I was doing a test run to read the Airbyte S3 parquet file using Dremio. So for that, I put a sample .parquest file in my S3 source folder and do a sync to another folder. Then I try to read both the source file and copied file using Dremio from S3.
The source file is readable and the airbyte copied file is not readable. From Dremio logs I got this error:
Unable to coerce from the file’s data type “timestamp” to the column’s data type “int64” in table “2022_07_11_1657578941501_0. parquet”, column “_ab_source_file_last_modified.member0”
Why the parquet file created by Airebyte is not readable**
I tried to read it from a python script notebook and it is readable.
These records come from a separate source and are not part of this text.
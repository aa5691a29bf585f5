-- ===== src/Docker/Sessions/Invariant.antt =====
-- The invariant of the session registry, kept by every step that touches it.
use henry.Prelude.{
  ℕ, suc, ◌≤◌, ◌≡◌, ◌≢◌, refl, ◌∙◌, ◌⊎◌, inl, inr, Bool, true, false, Option, none, some, List, [],
  ◌∷◌, arith, ◌==◌, ==_iff, if◌then◌else◌, Bool-cases,
}
use henry.Text.{Text, ◌===◌, ===_iff}
use henry.Dict.{lookup, remove, lookup-remove}
use henry.Docker.Sessions.{
  Sandbox, Session, DockerCall, exec_in, copy_in, copy_out, remove_container, remove_volume, empty,
  update, forget, tear_down,
}

-- How often Docker was asked to remove a session's container, and its volume.
abbrev pub container_removals : ℕ → List DockerCall → ℕ
container_removals a [] = 0
container_removals a (remove_container b ∷ cs) =
    if a == b then suc (container_removals a cs) else container_removals a cs
container_removals a (_ ∷ cs) = container_removals a cs

abbrev pub volume_removals : ℕ → List DockerCall → ℕ
volume_removals a [] = 0
volume_removals a (remove_volume b ∷ cs) =
    if a == b then suc (volume_removals a cs) else volume_removals a cs
volume_removals a (_ ∷ cs) = volume_removals a cs

-- Docker was never asked to run or copy in a container after it was asked to remove it.
abbrev pub UsedAlive : List DockerCall → Type 0
UsedAlive [] = Unit
UsedAlive (exec_in a ∷ cs) = (container_removals a cs ≡ 0) × UsedAlive cs
UsedAlive (copy_in a ∷ cs) = (container_removals a cs ≡ 0) × UsedAlive cs
UsedAlive (copy_out a ∷ cs) = (container_removals a cs ≡ 0) × UsedAlive cs
UsedAlive (_ ∷ cs) = UsedAlive cs

abbrev pub once_if : Bool → ℕ
once_if true = 1
once_if false = 0

pub record Inv (w : Sandbox) : Type 0 where
  -- What is registered is there, under its own id, and not destroyed.
  pub registered :
      (name : Text) (a : ℕ)
      → lookup name w.sessions ≡ some a
      → (s : Session) × (w.heap a ≡ some s) × (s.container ≡ name) × (s.destroyed ≡ false)
  -- What is not destroyed is registered: no container is lost track of.
  pub reachable :
      (a : ℕ) (s : Session)
      → w.heap a ≡ some s
      → s.destroyed ≡ false
      → lookup s.container w.sessions ≡ some a
  -- A destroyed session's container and volume were each removed once, and no other's.
  pub cleaned :
      (a : ℕ) (s : Session)
      → w.heap a ≡ some s
      → (container_removals a w.calls ≡ once_if s.destroyed)
        × (volume_removals a w.calls ≡ once_if s.destroyed)
  pub unborn :
      (a : ℕ)
      → w.heap a ≡ none
      → (container_removals a w.calls ≡ 0) × (volume_removals a w.calls ≡ 0)
  pub fresh : (a : ℕ) → w.next ≤ a → w.heap a ≡ none
  pub used_alive : UsedAlive w.calls

pub Inv-empty : Inv empty
Inv-empty = record {
  registered = λ name a h. unfold lookup in absurd (cc);
  reachable = λ a s h d. absurd (cc);
  cleaned = λ a s h. absurd (cc);
  unborn = λ a h. (refl, refl);
  fresh = λ a h. refl;
  used_alive = tt;
}

update-eq :
    (heap : ℕ → Option Session) (a b : ℕ) (s t : Session)
    → update heap a s b ≡ some t
    → ((a ≡ b) × (s ≡ t)) ⊎ ((a ≢ b) × (heap b ≡ some t))
update-eq heap a b s t h = elim (Bool-cases (a == b)) [
  | inl e ↦ inl ((==_iff a b).0 e, ground arith)
  | inr e ↦ inr (λ q. absurd (ground (arith, ==_iff a b)), ground arith)
]

abbrev torn : Sandbox → ℕ → Session → Sandbox
torn w a s = record w {
  sessions = remove s.container w.sessions;
  heap = update w.heap a (record s { destroyed = true });
  calls = remove_volume a ∷ remove_container a ∷ w.calls;
}

module _ (w : Sandbox) (v : Inv w) (a : ℕ) (s : Session) (here : w.heap a ≡ some s) where
  kept-lookup :
      (name : Text) (b : ℕ)
      → lookup name (remove s.container w.sessions) ≡ some b
      → (s.container ≢ name) × (lookup name w.sessions ≡ some b)
  kept-lookup name b h = elim (Bool-cases (s.container === name)) [
    | inl e ↦ absurd (ground (arith, lookup-remove s.container name w.sessions))
    | inr e ↦ (
      λ q. absurd (ground (arith, ===_iff s.container name)),
      ground (arith, lookup-remove s.container name w.sessions),
    )
  ]

  torn-registered :
      (name : Text) (b : ℕ)
      → lookup name (torn w a s).sessions ≡ some b
      → (t : Session) × ((torn w a s).heap b ≡ some t)
        × (t.container ≡ name)
        × (t.destroyed ≡ false)
  torn-registered name b h =
      let (other, kept) = kept-lookup name b h in
      let (t, there, named, alive) = v.registered name b kept in
      (
        t,
        elim (Bool-cases (a == b)) [
          | inl same ↦ absurd (other (ground (arith, ==_iff a b)))
          | inr apart ↦ rw apart there
        ],
        named,
        alive,
      )

  torn-reachable :
      (b : ℕ) (t : Session)
      → (torn w a s).heap b ≡ some t
      → t.destroyed ≡ false
      → s.destroyed ≡ false
      → lookup t.container (torn w a s).sessions ≡ some b
  torn-reachable b t h alive d = elim (update-eq w.heap a b (record s { destroyed = true }) t h) [
    | inl (e, same) ↦ absurd (ground arith)
    | inr (apart, there) ↦
        let found = v.reachable b t there alive in
        elim (Bool-cases (s.container === t.container)) [
          | inl clash ↦
              absurd
                (apart (ground (arith, v.reachable a s here d, ===_iff s.container t.container)))
          | inr e ↦ lookup-remove s.container t.container w.sessions ∙ rw e found
        ]
  ]

  torn-cleaned :
      (b : ℕ) (t : Session)
      → (torn w a s).heap b ≡ some t
      → s.destroyed ≡ false
      → (container_removals b (torn w a s).calls ≡ once_if t.destroyed)
        × (volume_removals b (torn w a s).calls ≡ once_if t.destroyed)
  torn-cleaned b t h d = elim (update-eq w.heap a b (record s { destroyed = true }) t h) [
    | inl (e, same) ↦ ground (arith, v.cleaned a s here)
    | inr (apart, there) ↦ ground (arith, v.cleaned b t there)
  ]

  torn-unborn :
      (b : ℕ)
      → (torn w a s).heap b ≡ none
      → (container_removals b (torn w a s).calls ≡ 0) × (volume_removals b (torn w a s).calls ≡ 0)
  torn-unborn b h = elim (Bool-cases (a == b)) [
    | inl e ↦ absurd (ground arith)
    | inr e ↦ ground (arith, v.unborn b (ground arith))
  ]

  torn-fresh : (b : ℕ) → w.next ≤ b → (torn w a s).heap b ≡ none
  torn-fresh b h = ground (arith, v.fresh b h, ==_iff a b)

  torn-Inv : s.destroyed ≡ false → Inv (torn w a s)
  torn-Inv d = record {
    registered = torn-registered;
    reachable = λ b t h k. torn-reachable b t h k d;
    cleaned = λ b t h. torn-cleaned b t h d;
    unborn = torn-unborn;
    fresh = torn-fresh;
    used_alive = v.used_alive;
  }

  tear_down-torn : s.destroyed ≡ false → tear_down w s.container a s ≡ torn w a s
  unfolding tear_down forget
  tear_down-torn d = ground (arith, v.reachable a s here d)

  -- Teardown of a session, also of one that is gone already.
  pub tear_down-Inv : Inv (tear_down w s.container a s)
  tear_down-Inv = elim (Bool-cases s.destroyed) [
    | inl gone ↦ unfold tear_down in rw gone v
    | inr alive ↦ rw (tear_down-torn alive) (torn-Inv alive)
  ]

  relock-registered :
      (locked : Bool) (name : Text) (b : ℕ)
      → lookup name w.sessions ≡ some b
      → (t : Session) × (update w.heap a (record s { locked = locked }) b ≡ some t)
        × (t.container ≡ name)
        × (t.destroyed ≡ false)
  relock-registered locked name b h =
      let (t, there, named, alive) = v.registered name b h in
      elim (Bool-cases (a == b)) [
        | inl same ↦ (
          record s { locked = locked },
          rw same,
          ground (arith, ==_iff a b),
          ground (arith, ==_iff a b),
        )
        | inr apart ↦ (t, rw apart there, named, alive)
      ]

  relock-reachable :
      (locked : Bool) (b : ℕ) (t : Session)
      → update w.heap a (record s { locked = locked }) b ≡ some t
      → t.destroyed ≡ false
      → lookup t.container w.sessions ≡ some b
  relock-reachable locked b t h alive =
      elim (update-eq w.heap a b (record s { locked = locked }) t h) [
        | inl (e, same) ↦ ground (arith, v.reachable a s here)
        | inr (apart, there) ↦ v.reachable b t there alive
      ]

  relock-cleaned :
      (locked : Bool) (b : ℕ) (t : Session)
      → update w.heap a (record s { locked = locked }) b ≡ some t
      → (container_removals b w.calls ≡ once_if t.destroyed)
        × (volume_removals b w.calls ≡ once_if t.destroyed)
  relock-cleaned locked b t h = elim (update-eq w.heap a b (record s { locked = locked }) t h) [
    | inl (e, same) ↦ ground (arith, v.cleaned a s here)
    | inr (apart, there) ↦ v.cleaned b t there
  ]

  relock-none :
      (locked : Bool) (b : ℕ)
      → update w.heap a (record s { locked = locked }) b ≡ none
      → w.heap b ≡ none
  relock-none locked b h = ground (arith, ==_iff a b)

  -- Taking or giving back the lock of an object.
  pub relock-Inv :
      (locked : Bool) → Inv (record w { heap = update w.heap a (record s { locked = locked }) })
  relock-Inv locked = record {
    registered = relock-registered locked;
    reachable = relock-reachable locked;
    cleaned = relock-cleaned locked;
    unborn = λ b h. v.unborn b (relock-none locked b h);
    fresh = λ b h. ground (arith, v.fresh b h, ==_iff a b);
    used_alive = v.used_alive;
  }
This is the schema details I got from pyarrow.parquet
_airbyte_ab_id: string not null
_airbyte_emitted_at: timestamp[ms, tz=UTC] not null
extra: double
mta_tax: double
VendorID: int32
ehail_fee: int32
trip_type: double
RatecodeID: double
tip_amount: double
fare_amount: double
DOLocationID: int32
PULocationID: int32
payment_type: double
tolls_amount: double
total_amount: double
trip_distance: double
passenger_count: double
store_and_fwd_flag: string
_ab_source_file_url: string
congestion_surcharge: double
lpep_pickup_datetime: string
improvement_surcharge: double
lpep_dropoff_datetime: string
_ab_source_file_last_modified: struct<member0: timestamp[us, tz=UTC], member1: string>
child 0, member0: timestamp[us, tz=UTC]
child 1, member1: string
_airbyte_additional_properties: map<string, string ('_airbyte_additional_properties')>
child 0, _airbyte_additional_properties: struct<key: string not null, value: string not null> not null
child 0, key: string not null
child 1, value: string not null
-- schema metadata --
parquet.avro.schema: '{"type":"record","name":"s3_taxi_data","fields":[{"' + 1750
writer.model.name: 'avro'
2022_07_11_1657578941501_0.parquet.zip (2.9 MB)
Dremio version
Build : 22.0.0-202206221430090603-1fa4049f
Edition : Community Edition
Attached the file. Any help is appreciated.